Common-Voice-Gender-Detection / README.md

Update README.md

d4d7813 verified about 1 month ago

4.45 kB

	---
	license: apache-2.0
	language:
	- en
	base_model:
	- facebook/wav2vec2-base-960h
	pipeline_tag: audio-classification
	library_name: transformers
	tags:
	- voice-gender-detection
	- male
	- female
	- biology
	- SFT
	---

	![1.png](https://cdn-uploads.huggingface.co/production/uploads/65bb837dbfb878f46c77de4c/tdwueyKbDyotYsj0Twcyz.png)

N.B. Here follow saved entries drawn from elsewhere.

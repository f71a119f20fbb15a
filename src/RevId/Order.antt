-- ===== src/RevId/Order.antt =====
-- Source/CBL_RevID.m, `CBLCollateRevIDs`: what kind of order it is, as the REVID collation of the
-- SQLite tables relies on it.
use couchbase_lite_ios.Base.{
  ℕ, ◌+◌, ◌^◌, ◌<◌, ◌≡◌, ap, ◌∙◌, ◌↔◌, Option, none, some, ◌∷◌, ◌++◌, length, drop, arith, Ordering,
  flip,
}
use couchbase_lite_ios.Base.Bytes.{Bytes, memchr, lex}
use couchbase_lite_ios.RevId.{
  TreeRevId, generation, compare_as_text, collate_generations, collate_dashes, collate_rev_ids,
}
use couchbase_lite_ios.RevId.Digits.{
  value, AreDigits, value-lt, parse_digits-value, memchr_digits, take_dash,
}
use couchbase_lite_ios.RevId.Collate.{
  IsProper, IsProper-memchr, IsProper-parse_digits, collate-proper, lex-flip, lex-eq, lex_refl,
  lex_trans, default_collate-lex, sgn-sub_ℕ,
}

collate_generations-flip :
    (m n : ℕ) (a b : Bytes) → collate_generations n m b a ≡ flip (collate_generations m n a b)
unfolding collate_generations
collate_generations-flip m n a b =
    simp (default_collate-lex, sgn-sub_ℕ)
      (ground (arith, lex-flip a b, lex-flip (drop (m + 1) a) (drop (n + 1) b)))

collate_dashes-flip :
    (m n : Option ℕ) (a b : Bytes) → collate_dashes n m b a ≡ flip (collate_dashes m n a b)
unfolding collate_dashes compare_as_text
collate_dashes-flip (some m) (some n) a b =
    simp default_collate-lex (ground (arith, lex-flip a b, collate_generations-flip m n a b))
collate_dashes-flip (some m) none a b = simp default_collate-lex (lex-flip a b)
collate_dashes-flip none (some n) a b = simp default_collate-lex (lex-flip a b)
collate_dashes-flip none none a b = simp default_collate-lex (lex-flip a b)

-- Swapping any two byte strings, proper revision IDs or not, swaps the result.
pub collate_rev_ids-flip : (a b : Bytes) → collate_rev_ids b a ≡ flip (collate_rev_ids a b)
unfolding collate_rev_ids
collate_rev_ids-flip a b = collate_dashes-flip (memchr a b'-') (memchr b b'-') a b

-- A tie between an ID and itself.
pub collate_rev_ids_refl : (a : Bytes) → collate_rev_ids a a ≡ Ordering.eq
collate_rev_ids_refl a = ground (arith, collate_rev_ids-flip a a)

module _ {a b c : TreeRevId} {gen_a gen_b gen_c : ℕ} {rest_a rest_b rest_c : Bytes}
    (p : IsProper a gen_a rest_a) (q : IsProper b gen_b rest_b) (r : IsProper c gen_c rest_c) where
  -- Among proper revision IDs the order is transitive.
  pub collate_rev_ids_trans :
      collate_rev_ids a b ≡ Ordering.lt
      → collate_rev_ids b c ≡ Ordering.lt
      → collate_rev_ids a c ≡ Ordering.lt
  collate_rev_ids_trans h k = rw (collate-proper p r) (
      ground (
        arith,
        collate-proper p q,
        collate-proper q r,
        lex_trans rest_a rest_b rest_c,
        lex-eq rest_a rest_b,
      ))

module _ {a b : TreeRevId} {gen_a gen_b : ℕ} {rest_a rest_b : Bytes} (p : IsProper a gen_a rest_a)
    (q : IsProper b gen_b rest_b) where
  -- Two proper revision IDs tie exactly when their generation numbers and their suffixes are equal.
  pub collate_rev_ids-eq :
      (collate_rev_ids a b ≡ Ordering.eq) ↔ ((gen_a ≡ gen_b) × (rest_a ≡ rest_b))
  collate_rev_ids-eq = rw (collate-proper p q) (
    (λ h. (ground arith, lex-eq rest_a rest_b (ground arith))),
    (λ h. rw h.1 (ground (arith, lex_refl rest_b))),
  )

  -- Two proper revision IDs of which the first has the smaller generation, and a text with no
  -- hyphen that lies between them as a text, form a cycle.
  pub collate_rev_ids_cycle :
      (text : Bytes)
      → gen_a < gen_b
      → memchr text b'-' ≡ none
      → lex b text ≡ Ordering.lt
      → lex text a ≡ Ordering.lt
      → (collate_rev_ids a b ≡ Ordering.lt)
        × (collate_rev_ids b text ≡ Ordering.lt)
        × (collate_rev_ids text a ≡ Ordering.lt)
  unfolding collate_rev_ids
  collate_rev_ids_cycle text lt no_dash h k = (
    collate-proper p q ∙ ground arith,
    rw (no_dash, IsProper-memchr q, default_collate-lex) h,
    rw (no_dash, default_collate-lex) k,
  )

-- The method `generation` reads the number that `CBLCollateRevIDs` compares.
pub generation-proper :
    {r : TreeRevId} {gen : ℕ} {rest : Bytes} → IsProper r gen rest → generation r ≡ gen
unfolding generation
generation-proper {r} p =
    rw (IsProper-memchr p, generation) (ground (arith, p.short, IsProper-parse_digits p))

collate_dashes-nine : (m : Option ℕ) (a b : Bytes) → collate_dashes m (some 9) a b ≡ lex a b
unfolding collate_dashes compare_as_text
collate_dashes-nine (some m) a b = ground (arith, default_collate-lex a b)
collate_dashes-nine none a b = default_collate-lex a b

generation_nine :
    (number rest : Bytes)
    → AreDigits number
    → length number ≡ 9
    → generation (number ++ (b'-' ∷ rest)) ≡ value 0 number
unfolding generation
generation_nine number rest d nine =
    rw (memchr_digits number rest d, generation)
      (ground (
        arith,
        take_dash number rest,
        parse_digits-value number d,
        value-lt number 0 d,
        ap (λ (k : ℕ). 10 ^ k) nine,
      ))

-- A generation number of nine digits is a valid one for `generation`, but `CBLCollateRevIDs`
-- compares such an ID as a text with any other.
pub collate_nine_digits :
    (a number rest : Bytes)
    → AreDigits number
    → length number ≡ 9
    → (generation (number ++ (b'-' ∷ rest)) ≡ value 0 number)
      × (collate_rev_ids a (number ++ (b'-' ∷ rest)) ≡ lex a (number ++ (b'-' ∷ rest)))
unfolding collate_rev_ids
collate_nine_digits a number rest d nine = (
  generation_nine number rest d nine,
  rw (memchr_digits number rest d, nine) (collate_dashes-nine (memchr a b'-') a _),
)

	# Common-Voice-Gender-Detection

	> Common-Voice-Gender-Detection is a fine-tuned version of `facebook/wav2vec2-base-960h` for binary audio classification, specifically trained to detect speaker gender as female or male. This model leverages the `Wav2Vec2ForSequenceClassification` architecture for efficient and accurate voice-based gender classification.

	> [!note]
	Wav2Vec2: Self-Supervised Learning for Speech Recognition : [https://arxiv.org/pdf/2006.11477](https://arxiv.org/pdf/2006.11477)

	```py
	Classification Report:

	precision recall f1-score support

	female 0.9705 0.9916 0.9809 2622
	male 0.9943 0.9799 0.9870 3923

	accuracy 0.9846 6545
	macro avg 0.9824 0.9857 0.9840 6545
	weighted avg 0.9848 0.9846 0.9846 6545
	```

	![download.png](https://cdn-uploads.huggingface.co/production/uploads/65bb837dbfb878f46c77de4c/pBnrVbG8uyZYq6Nb4GOuG.png)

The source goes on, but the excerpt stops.